# Vintage DP Panel



## ablyss (Feb 8, 2014)

Vintage DP Panel

Here are some pics of a DP panel we had worked on recently.
But first a little history (excerpt from the Lutron PDF http://www.lutron.com/TechnicalDocumentLibrary/032121a.pdf file page 4)...

_DP Panels were shipped new from 1982 through 1995. They came in many sizes, based on the number of dimming modules they could contain.

The control stations wired to the DP Panels also changed greatly while DP Panels were being sold new. Analog controls (one discrete wire per zone and scene) were shipped new from 1982 through 1995. 

Digital controls (multiplexed data stream on a twisted shielded pair of wires) were shipped new from 1987 through 1995.
Grafik Eye® Control Units and GP panels were introduced in 1994 and took over the DP Panel business as of 1995. These newer designs have proven to be more reliable and flexible._

On a side note I believe I read somewhere DP stood for Darrell Paul. Not sure if that is one or two persons. Can't find anything on the matter. Maybe someone here knows? :whistling2:

Here we replaced one of the modules. Was like working on a giant computer. Had to apply heat sink compound and stick my head inside the beast. Surprisingly enough, they're quite simple to troubleshoot. Just a little scary looking. The unit itself is supplied by a 200A main from another panel. Contained 12 magnetic based transformer modules that allowed rheostat controlling, ie dimming of dedicated sections of the building.

The caveat being magnetically based. All it took was one CFL bulb to waste one $1500 module. 

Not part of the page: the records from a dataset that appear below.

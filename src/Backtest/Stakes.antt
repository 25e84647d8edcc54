-- ===== src/Backtest/Stakes.antt =====
-- tennis/cmd/backtestbets/backtest.go: the stake of a bet under the money manager. The conversions
-- between floats and decimals are those of shopspring/decimal, which panics at a float that is not
-- finite and at a division by zero.
use calculated_tennis.Base.{
  true, not, ◌||◌, Option, none, some, if◌then◌else◌, Result, ok, err, ◌>>=◌, >>=-eq-ok, Text, [],
  is_empty, ℤ, Float64, ◌≡◌, refl, arith, sym, subst,
}
use calculated_tennis.MoneyManager.Decimals.{Decimal}
use calculated_tennis.MoneyManager.Risk.{Config, allocate, side_buy, Code}
use calculated_tennis.MoneyManager.Risk.Allocation.{IsOrdered, IsPermitted, allocate-IsPermitted}
use calculated_tennis.Backtest.Config.{MoneyManagerConfig}
use calculated_tennis.Backtest.Stats.{BacktestStats}

pub data Panic : Type 0 where
  not_finite division_by_zero : Panic

-- The error of a cap that is no number, or a panic.
pub data LimitError : Type 0 where
  bad_cap : LimitError
  panics : Panic → LimitError

module _ (R : Float64) (M : Decimal) where
  pub record Conversions : Type 0 where
    -- `NewFromFloat`; `none` is its panic.
    pub of_float : R.F → Option M.D
    -- `Float64`.
    pub to_float : M.D → R.F
    pub add : M.D → M.D → M.D
    -- `Round(0).BigInt()`.
    pub round : M.D → ℤ

  module _ (C : Conversions) where
    abbrev pub finite : Option M.D → Result Panic M.D
    finite none = err not_finite
    finite (some d) = ok d

    -- `NewFromFloat`.
    unfoldable pub converted : R.F → Result Panic M.D
    converted x = finite (C.of_float x)

    -- `simBalance.USDCTotal`: the initial balance with the net profit, in millionths.
    unfoldable pub usdc_total : R.F → BacktestStats R → Result Panic ℤ
    unfolding converted
    usdc_total initial stats = converted initial >>= λ start.
        converted stats.final_balance >>= λ profit.
        let available = C.add start profit in
        let floored = if M.is_negative available then M.of_int 0 else available in
        ok (C.round (M.mul floored (M.of_int 1000000)))

    abbrev pub read_cap : Text → Option M.D
    read_cap raw = if is_empty raw then some (M.of_int 0) else M.parse raw

    abbrev pub with_cap : Option M.D → M.D → M.D → Result LimitError (Config M)
    with_cap none pct size = err bad_cap
    with_cap (some limit) pct size = ok (record {
      deposit_wallet = [];
      max_order_usdc = limit;
      max_pct_balance = pct;
      min_share_size = size;
    })

    abbrev pub or_panic {ℓ} : {A : Type ℓ} → Result Panic A → Result LimitError A
    or_panic (ok a) = ok a
    or_panic (err e) = err (panics e)

    unfoldable pub risk_config_from_money_manager :
        MoneyManagerConfig R → Result LimitError (Config M)
    unfolding converted
    risk_config_from_money_manager mm = or_panic (converted mm.max_pct_balance) >>= λ pct.
        or_panic (converted mm.min_share_size) >>= λ size.
        with_cap (read_cap mm.max_order_usdc) pct size

    -- The allocator of a track: the initial balance and the risk configuration.
    pub record Allocator : Type 0 where
      pub initial : R.F
      pub limits : Config M

    -- `1 / d`, which panics at zero.
    abbrev pub reciprocal : M.D → Result Panic M.D
    reciprocal d =
        if M.is_positive d || M.is_negative d
        then ok (M.div (M.of_int 1) d)
        else err division_by_zero

    unfoldable pub price_of : R.F → Result Panic M.D
    unfolding converted
    price_of odds = converted odds >>= reciprocal

    abbrev pub stake_of : M.D → Result Code M.D → Option R.F
    stake_of price (err e) = none
    stake_of price (ok size) = some (C.to_float (M.mul size price))

    -- The balance is read only for a positive price.
    unfoldable pub balance_read : Allocator → BacktestStats R → M.D → Result Panic (Option ℤ)
    unfolding usdc_total
    balance_read a stats price =
        if not (M.is_positive price)
        then ok none
        else usdc_total a.initial stats >>= λ balance. ok (some balance)

    -- On the balance of the track; `none` is a refusal.
    unfoldable pub allocate_stake : Allocator → BacktestStats R → R.F → Result Panic (Option R.F)
    unfolding price_of balance_read allocate
    allocate_stake a stats odds = price_of odds >>= λ price.
        balance_read a stats price >>= λ balance.
        ok (stake_of price (allocate M a.limits balance side_buy price))

    converted-ok : (x : R.F) (d : M.D) → converted x ≡ ok d → C.of_float x ≡ some d
    unfolding converted
    converted-ok x d h = by_value (C.of_float x) h
      where
        by_value : (o : Option M.D) → finite o ≡ ok d → o ≡ some d
        by_value none h = absurd (ground arith)
        by_value (some e) h = ground arith

    price_of-ok :
        (odds : R.F) (price : M.D)
        → price_of odds ≡ ok price
        → (d : M.D) × (C.of_float odds ≡ some d) × (M.div (M.of_int 1) d ≡ price)
    unfolding price_of
    price_of-ok odds price h =
        let (d, read, made) = >>=-eq-ok (converted odds) reciprocal h in
        (d, converted-ok odds d read, ground (arith, made))

    -- At a positive price, the balance was read.
    balance_read-ok :
        (a : Allocator) (stats : BacktestStats R) (price : M.D) (balance : Option ℤ)
        → M.is_positive price ≡ true
        → balance_read a stats price ≡ ok balance
        → (raw : ℤ) × (usdc_total a.initial stats ≡ ok raw) × (balance ≡ some raw)
    unfolding balance_read
    balance_read-ok a stats price balance p h =
        let (raw, read, same) =
          >>=-eq-ok (usdc_total a.initial stats) (λ raw. ok (some raw)) (rw p at h) in
        (raw, read, ground (arith, same))

    stake_of-some :
        (price : M.D) (r : Result Code M.D) (stake : R.F)
        → stake_of price r ≡ some stake
        → (size : M.D) × (r ≡ ok size) × (stake ≡ C.to_float (M.mul size price))
    stake_of-some price (err e) stake h = absurd (ground arith)
    stake_of-some price (ok size) stake h = (size, refl, ground arith)

    -- If the comparison of decimals is a strict order: for a stake that is allocated, the odds have
    -- a decimal and the bankroll of the track was read, and the stake is the value of a size that
    -- the risk rules permit on that bankroll at the price 1 divided by the decimal of the odds.
    pub allocate_stake-IsPermitted :
        (a : Allocator) (stats : BacktestStats R) (odds stake : R.F)
        → IsOrdered M
        → allocate_stake a stats odds ≡ ok (some stake)
        → (quoted size : M.D) × (balance : ℤ) × (C.of_float odds ≡ some quoted)
          × (usdc_total a.initial stats ≡ ok balance)
          × IsPermitted M a.limits (some balance) side_buy (M.div (M.of_int 1) quoted) size
          × (stake ≡ C.to_float (M.mul size (M.div (M.of_int 1) quoted)))
    unfolding allocate_stake
    allocate_stake-IsPermitted a stats odds stake ordered h =
        let (price, priced, h1) = >>=-eq-ok (price_of odds) _ h in
        let (balance, read, h2) = >>=-eq-ok (balance_read a stats price) _ h1 in
        let (size, sized, worth) =
          stake_of-some price (allocate M a.limits balance side_buy price) stake
            (ground (arith, h2)) in
        let permitted = allocate-IsPermitted M a.limits balance side_buy price size ordered sized in
        let (quoted, known, made) = price_of-ok odds price priced in
        let (raw, total, same) = balance_read-ok a stats price balance permitted.priced read in
        let (allowed, value) =
          subst
            (λ p.
              IsPermitted M a.limits (some raw) side_buy p size
              × (stake ≡ C.to_float (M.mul size p)))
            (sym made)
            (subst (λ b. IsPermitted M a.limits b side_buy price size) same permitted, worth) in
        (quoted, size, raw, known, total, allowed, value)
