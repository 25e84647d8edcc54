-- ===== src/Backtest/Singles.antt =====
-- tennis/cmd/backtestbets/backtest.go: the walk that places single bets. For each match the sim,
-- the favorite and the sim with recent form decide in turn, on one generator.
use calculated_tennis.Base.{
  ℕ, Bool, true, false, not, Option, none, some, List, [], ◌∷◌, if◌then◌else◌, Result, ok, err,
  Text, codes, ℤ, pos, Float64,
}
use calculated_tennis.Base.Draws.{Draws, ◌>>=◌, pure, of_result, relabel}
use calculated_tennis.Tennis.State.{A}
use calculated_tennis.Tennis.Simulation.{Rates, Rng, SimulationError, simulate_fresh, win_count}
use calculated_tennis.MoneyManager.Decimals.{Decimal}
use calculated_tennis.TennisAbstract.Dates.{Time}
use calculated_tennis.TennisAbstract.Surfaces.{Process}
use calculated_tennis.TennisAbstract.Form.{no_options, form_options_from_env}
use calculated_tennis.TennisAbstract.Rates.{
  MatchWithOdds, PlayerRatesMap, Client, match_with_odds_player_rates,
}
use calculated_tennis.TennisAbstract.Sides.{
  BetSide, side_none, side_a, side_b, Decision, decide_bet, decide_favorite_bet,
}
use calculated_tennis.Backtest.Config.{BacktestConfig, normalized_stake}
use calculated_tennis.Backtest.Stats.{
  BacktestStats, skip, apply_bet, win_prob_for_side, expected_value_decimal_odds,
}
use calculated_tennis.Backtest.Log.{Track, record_skip, record_bet}
use calculated_tennis.Backtest.Stakes.{Panic, Conversions, Allocator, allocate_stake}

pub data BacktestError : Type 0 where
  of_simulation : SimulationError → BacktestError
  invalid_decision invalid_favorite invalid_cap : BacktestError
  panicked : Panic → BacktestError

-- The winner of a row is its player A.
abbrev pub historical_winner_side : BetSide
historical_winner_side = side_a

module _ (R : Float64) where
  open R use {F, zero, lt, le}

  unfoldable pub odds_allowed : BacktestConfig R → F → Bool
  odds_allowed cfg odds = if le cfg.min_odds zero then true else le cfg.min_odds odds

  unfoldable pub positive_ev_allowed : BacktestConfig R → F → F → Bool
  positive_ev_allowed cfg p odds =
      if not cfg.require_positive_ev then true else lt zero (expected_value_decimal_odds R p odds)

  -- What `simulateAndDecide` returns.
  pub record SimDecision : Type 0 where
    pub wins_a : ℤ
    pub side : BetSide
    pub odds : F
    pub win_prob : F
    pub bet : Bool

  unfoldable pub decided : BacktestConfig R → ℤ → Decision R → Result BacktestError SimDecision
  decided cfg wins_a none = err invalid_decision
  decided cfg wins_a (some (side_none, odds)) =
      ok (record { wins_a = wins_a; side = side_none; odds = odds; win_prob = zero; bet = false })
  decided cfg wins_a (some (side_a, odds)) = ok (record {
    wins_a = wins_a;
    side = side_a;
    odds = odds;
    win_prob = win_prob_for_side R wins_a cfg.sims side_a;
    bet = true;
  })
  decided cfg wins_a (some (side_b, odds)) = ok (record {
    wins_a = wins_a;
    side = side_b;
    odds = odds;
    win_prob = win_prob_for_side R wins_a cfg.sims side_b;
    bet = true;
  })

  -- How often A wins; `fuel` bounds each simulated match.
  unfoldable pub simulated_wins :
      ℕ → MatchWithOdds R → Rates R → BacktestConfig R → Rng R → Draws BacktestError ℤ
  unfolding simulate_fresh
  simulated_wins fuel m rates cfg rng =
      relabel of_simulation (simulate_fresh R fuel m.match_format rates cfg.alpha cfg.sims rng)
      >>= λ wins. pure (pos (win_count wins A))

  unfoldable pub simulate_and_decide :
      ℕ → MatchWithOdds R → Rates R → BacktestConfig R → Rng R → Draws BacktestError SimDecision
  unfolding simulated_wins decided decide_bet
  simulate_and_decide fuel m rates cfg rng = simulated_wins fuel m rates cfg rng >>= λ n.
      of_result (decided cfg n (decide_bet R n cfg.sims cfg.min_pick m.avg_w m.avg_l))

  module _ (M : Decimal) (C : Conversions R M) (format_float : F → ℕ → Text) where
    unfoldable pub skip_match : Track R → MatchWithOdds R → Text → F → F → Track R
    unfolding record_skip
    skip_match track m reason p odds = record {
      stats = skip R track.stats;
      log = record_skip R format_float track m reason p odds;
    }

    unfoldable pub apply_bet_with_log :
        Track R → MatchWithOdds R → BetSide → F → F → F → BetSide → Track R
    unfolding record_bet apply_bet
    apply_bet_with_log track m picked odds stake p winner = record {
      stats = apply_bet R track.stats m.surface picked odds stake winner;
      log = record_bet R format_float track m picked odds stake p winner;
    }

    -- With a stake that is allocated, or refused.
    unfoldable pub try_apply_bet :
        Option F → Track R → MatchWithOdds R → BetSide → F → F → BetSide → Track R
    unfolding apply_bet_with_log skip_match
    try_apply_bet none track m picked odds p winner = skip_match track m (codes "ALLOC") p odds
    try_apply_bet (some stake) track m picked odds p winner =
        apply_bet_with_log track m picked odds stake p winner

    -- The stake of the allocator, or the fixed one.
    unfoldable pub stake_for :
        Option (Allocator R M C) → BacktestStats R → F → F → Result Panic (Option F)
    unfolding allocate_stake
    stake_for none stats odds fixed = ok (some fixed)
    stake_for (some alloc) stats odds fixed = allocate_stake R M C alloc stats odds

    -- By the stake, unless its allocation panics.
    abbrev pub with_stake :
        Result Panic (Option F) → (Option F → Track R) → Result BacktestError (Track R)
    with_stake (err e) bet = err (panicked e)
    with_stake (ok stake) bet = ok (bet stake)

    unfoldable pub place_bet :
        Option (Allocator R M C)
        → Track R
        → MatchWithOdds R
        → BetSide
        → F
        → F
        → BetSide
        → F
        → Result BacktestError (Track R)
    unfolding stake_for try_apply_bet
    place_bet alloc track m picked odds p winner fixed =
        with_stake (stake_for alloc track.stats odds fixed)
          (λ stake. try_apply_bet stake track m picked odds p winner)

    -- The guards that follow the decision to bet.
    unfoldable pub guarded_bet :
        BacktestConfig R
        → Option (Allocator R M C)
        → Track R
        → MatchWithOdds R
        → BetSide
        → F
        → F
        → Result BacktestError (Track R)
    unfolding place_bet skip_match positive_ev_allowed odds_allowed
    guarded_bet cfg alloc track m picked odds p =
        if not (positive_ev_allowed cfg p odds)
        then ok (skip_match track m (codes "NEG_EV") p odds)
        else if not (odds_allowed cfg odds)
        then ok (skip_match track m (codes "MIN_ODDS") p odds)
        else place_bet alloc track m picked odds p historical_winner_side
            (normalized_stake R cfg.stake)

    unfoldable pub try_place_sim_bet :
        BacktestConfig R
        → Option (Allocator R M C)
        → Track R
        → MatchWithOdds R
        → SimDecision
        → Result BacktestError (Track R)
    unfolding guarded_bet skip_match
    try_place_sim_bet cfg alloc track m d =
        if not d.bet
        then ok (skip_match track m (codes "MINPICK") zero zero)
        else guarded_bet cfg alloc track m d.side d.odds d.win_prob

    unfoldable pub place_favorite :
        BacktestConfig R
        → Option (Allocator R M C)
        → Track R
        → MatchWithOdds R
        → ℤ
        → Decision R
        → Result BacktestError (Track R)
    unfolding guarded_bet
    place_favorite cfg alloc track m wins_a none = err invalid_favorite
    place_favorite cfg alloc track m wins_a (some (side, odds)) =
        guarded_bet cfg alloc track m side odds (win_prob_for_side R wins_a cfg.sims side)

    -- The favorite bets where the sim does.
    unfoldable pub try_place_favorite_bet :
        BacktestConfig R
        → Option (Allocator R M C)
        → Track R
        → MatchWithOdds R
        → SimDecision
        → Result BacktestError (Track R)
    unfolding place_favorite skip_match decide_favorite_bet
    try_place_favorite_bet cfg alloc track m d =
        if not d.bet
        then ok (skip_match track m (codes "MINPICK") zero zero)
        else place_favorite cfg alloc track m d.wins_a (decide_favorite_bet R m.avg_w m.avg_l)

    -- The three tracks.
    pub record BacktestRunResult : Type 0 where
      pub sim : Track R
      pub sim_form : Track R
      pub favorite : Track R

    -- The allocators of the three tracks: all or none.
    pub record MmWalkAllocators : Type 0 where
      pub sim : Option (Allocator R M C)
      pub sim_form : Option (Allocator R M C)
      pub favorite : Option (Allocator R M C)

    module _ (P : Process R) (now : Time) (client : Client R) where
      -- The track of the sim with recent form.
      unfoldable pub walk_form :
          ℕ
          → BacktestConfig R
          → Option (Allocator R M C)
          → Rng R
          → MatchWithOdds R
          → Option (Rates R)
          → Track R
          → Draws BacktestError (Track R)
      unfolding skip_match simulate_and_decide try_place_sim_bet
      walk_form fuel cfg alloc rng m none track = pure (skip_match track m [] zero zero)
      walk_form fuel cfg alloc rng m (some rates) track =
          simulate_and_decide fuel m rates cfg rng >>= λ d.
          of_result (try_place_sim_bet cfg alloc track m d)

      -- One match, by its season rates.
      unfoldable pub walk_match :
          ℕ
          → BacktestConfig R
          → MmWalkAllocators
          → PlayerRatesMap R
          → Rng R
          → MatchWithOdds R
          → Option (Rates R)
          → BacktestRunResult
          → Draws BacktestError BacktestRunResult
      unfolding walk_form simulate_and_decide try_place_sim_bet try_place_favorite_bet skip_match
          match_with_odds_player_rates form_options_from_env
      walk_match fuel cfg allocs rates rng m none out = pure (record {
        sim = skip_match out.sim m [] zero zero;
        sim_form = skip_match out.sim_form m [] zero zero;
        favorite = skip_match out.favorite m [] zero zero;
      })
      walk_match fuel cfg allocs rates rng m (some base) out = do
        d ← simulate_and_decide fuel m base cfg rng
        sim ← of_result (try_place_sim_bet cfg allocs.sim out.sim m d)
        favorite ← of_result (try_place_favorite_bet cfg allocs.favorite out.favorite m d)
        form ←
            walk_form fuel cfg allocs.sim_form rng m
              (match_with_odds_player_rates R P now client m rates true
                (form_options_from_env R P m.surface))
              out.sim_form
        pure (record { sim = sim; sim_form = form; favorite = favorite })

      unfoldable pub walk_backtests_singles :
          ℕ
          → BacktestConfig R
          → MmWalkAllocators
          → PlayerRatesMap R
          → Rng R
          → List (MatchWithOdds R)
          → BacktestRunResult
          → Draws BacktestError BacktestRunResult
      unfolding walk_match match_with_odds_player_rates
      walk_backtests_singles fuel cfg allocs rates rng [] out = pure out
      walk_backtests_singles fuel cfg allocs rates rng (m ∷ ms) out =
          walk_match fuel cfg allocs rates rng m
            (match_with_odds_player_rates R P now client m rates false (no_options R)) out
          >>= walk_backtests_singles fuel cfg allocs rates rng ms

Lutron has decided to quit making modules and had only a handful of modules still in inventory. We bought all the remaining few they had for this customer. Sorry if any one of you run into one of these. You'd probably have to upgrade the entire system $$$$:brows:


----------



## jeffmoss26 (Dec 8, 2011)

Those exact panels are still in use at the University of Toledo Student Union. I believe the markings said Lutron Aurora, and I could never find any information. The maintenance guys always complained how expensive the ballasts are.
Two of the three rooms are original from 1991 or 1992 and one was retrofitted several years ago. Always wondered what was inside!


----------



## Rollie73 (Sep 19, 2010)

Hardly vintage..........why I remember working with one of those at the Boardmoore Playhouse (Cape Breton University's drama theatre) during my first or second year of apprenticeship.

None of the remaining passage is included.